Measuring Higgs Boson Self-couplings with $2\rightarrow 3$ VBS Processes

We study the measurement of Higgs boson self-couplings through $2\rightarrow 3$ vector boson scattering (VBS) processes in the framework of Standard Model effective field theory (SMEFT) at both proton and lepton colliders.

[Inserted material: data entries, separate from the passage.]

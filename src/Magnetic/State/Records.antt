-- ===== src/Magnetic/State/Records.antt =====
-- The records of a magnetic session.
use Prim.Native.String.{String}
use pose_bridge.Prelude.{
  ℕ, ◌+◌, ◌≤◌, ◌<◌, ap, inl, inr, ◌≡◌, refl, false, Option, some, List, [], ◌∷◌, ◌++◌, arith,
  length, drop, filter, back, ltb, ◌==◌, if◌then◌else◌, length-append, back-append, Bool-cases,
}
use mathlib.Core.Option
use pose_bridge.Model.Observation.{OperationStatus}
use pose_bridge.Magnetic.{Counts, MagneticCursor, MagneticSample}
use pose_bridge.Magnetic.State.{State, observe, since, is_reset, sequence_of, cursor_of}

-- No record is newer than the sequence.
abbrev AllUpTo : ℕ → List (ℕ × MagneticSample) → Type 0
AllUpTo n [] = Unit {0}
AllUpTo n (r ∷ rs) = (sequence_of r ≤ n) × AllUpTo n rs

abbrev pub own_cursor : State → MagneticCursor
own_cursor s = record {
  instance_id = s.instance_id;
  session_id = s.session_id;
  sequence = s.sequence;
}

-- The history is bounded, and its last record is the one with the session's sequence.
pub record IsSession (s : State) : Type 0 where
  pub bounded : length s.records ≤ 256
  pub old : AllUpTo s.sequence s.records
  pub latest : (0 < s.sequence) → Option.map cursor_of (back s.records) ≡ some (own_cursor s)

AllUpTo-append :
    (n : ℕ) (rs : List (ℕ × MagneticSample)) (r : ℕ × MagneticSample)
    → AllUpTo n rs
    → sequence_of r ≡ n + 1
    → AllUpTo (n + 1) (rs ++ r ∷ [])
AllUpTo-append n [] r a e = (omega arith, tt)
AllUpTo-append n (x ∷ rs) r a e = (omega (arith, a.0), AllUpTo-append n rs r a.1 e)

AllUpTo-drop : (n : ℕ) (rs : List (ℕ × MagneticSample)) → AllUpTo n rs → AllUpTo n (drop 1 rs)
AllUpTo-drop n [] a = a
AllUpTo-drop n (r ∷ rs) a = a.1

drop-length : (rs : List (ℕ × MagneticSample)) → length rs ≡ 256 → length (drop 1 rs) ≡ 255
drop-length [] e = absurd (omega arith)
drop-length (r ∷ rs) e = omega arith

-- The eviction of `State::observe`.
abbrev kept : List (ℕ × MagneticSample) → List (ℕ × MagneticSample)
kept rs = if length rs == 256 then drop 1 rs else rs

kept_lem :
    (n : ℕ) (rs : List (ℕ × MagneticSample))
    → AllUpTo n rs
    → length rs ≤ 256
    → AllUpTo n (kept rs) × (length (kept rs) ≤ 255)
kept_lem n rs a h = elim (Bool-cases (length rs == 256)) [
  | inl full ↦ rw full (AllUpTo-drop n rs a, ground (arith, drop-length rs))
  | inr room ↦ rw room (a, ground arith)
]

-- A reading keeps the history within its capacity, is its last record, and is numbered one on.
pub observe-IsSession :
    (s : State) (xyz : Counts) (received start : ℕ)
    → IsSession s
    → IsSession (observe s xyz received start)
      × ((observe s xyz received start).sequence ≡ s.sequence + 1)
unfolding observe
observe-IsSession s xyz received start v =
    let (old, below) = kept_lem s.sequence s.records v.old v.bounded in
    (
      record {
        bounded = omega (arith, below, length-append (kept s.records) (_ ∷ []));
        old = AllUpTo-append s.sequence (kept s.records) _ old refl;
        latest = λ h. ap (Option.map cursor_of) (back-append (kept s.records) _);
      },
      refl,
    )

none_newer :
    (n : ℕ) (rs : List (ℕ × MagneticSample))
    → AllUpTo n rs
    → filter (λ r. ltb n (sequence_of r)) rs ≡ []
none_newer n [] a = refl
none_newer n (r ∷ rs) a = ground (arith, a.0, none_newer n rs a.1)

is_reset-own : (s : State) → is_reset s (some (own_cursor s)) ≡ false
is_reset-own s = ground arith

-- A consumer that holds the cursor of the last reading is handed no record and no reset, whenever
-- it asks.
pub since-own_cursor :
    (s : State) (source_id : String) (operation : Option OperationStatus) (now : ℕ)
    → IsSession s
    → let b = since s (some (own_cursor s)) source_id operation now in
      (b.reset ≡ false) × (b.samples ≡ [])
unfolding since
since-own_cursor s source_id operation now v =
    rw (is_reset-own s) (refl, rw (none_newer s.sequence s.records v.old) refl)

The SMEFT contribution to the amplitude of the $2\to3$ VBS processes, taking $W_L W_L\rightarrow W_L W_L h$ and $W_L W_L\rightarrow h h h$ as examples, exhibits enhancement with the energy $\frac{\mathcal{A}^{\text{BSM}}}{\mathcal{A}^{\text{SM}}} \sim \frac{E^2}{\Lambda^2}$, which indicates the sensitivity of these processes to the related dimension-six operators in SMEFT. Simulation of the full processes at both hadron and lepton colliders with a variety of collision energies are performed to estimate the allowed region on $c_6$ and $c_{\Phi_1}$. Especially we find that, with the help of exclusively choosing longitudinal polarizations in the final states and suitable $p_T$ cuts, $WWh$ process is as important as the more widely studied triple Higgs production ($hhh$) in the measurement of Higgs self-couplings. Our analysis indicates that these processes can play important roles in the measurement of Higgs self-couplings at future 100 TeV pp colliders and muon colliders. However, their cross sections are generally tiny at low energy machines, which makes them much more challenging to explore.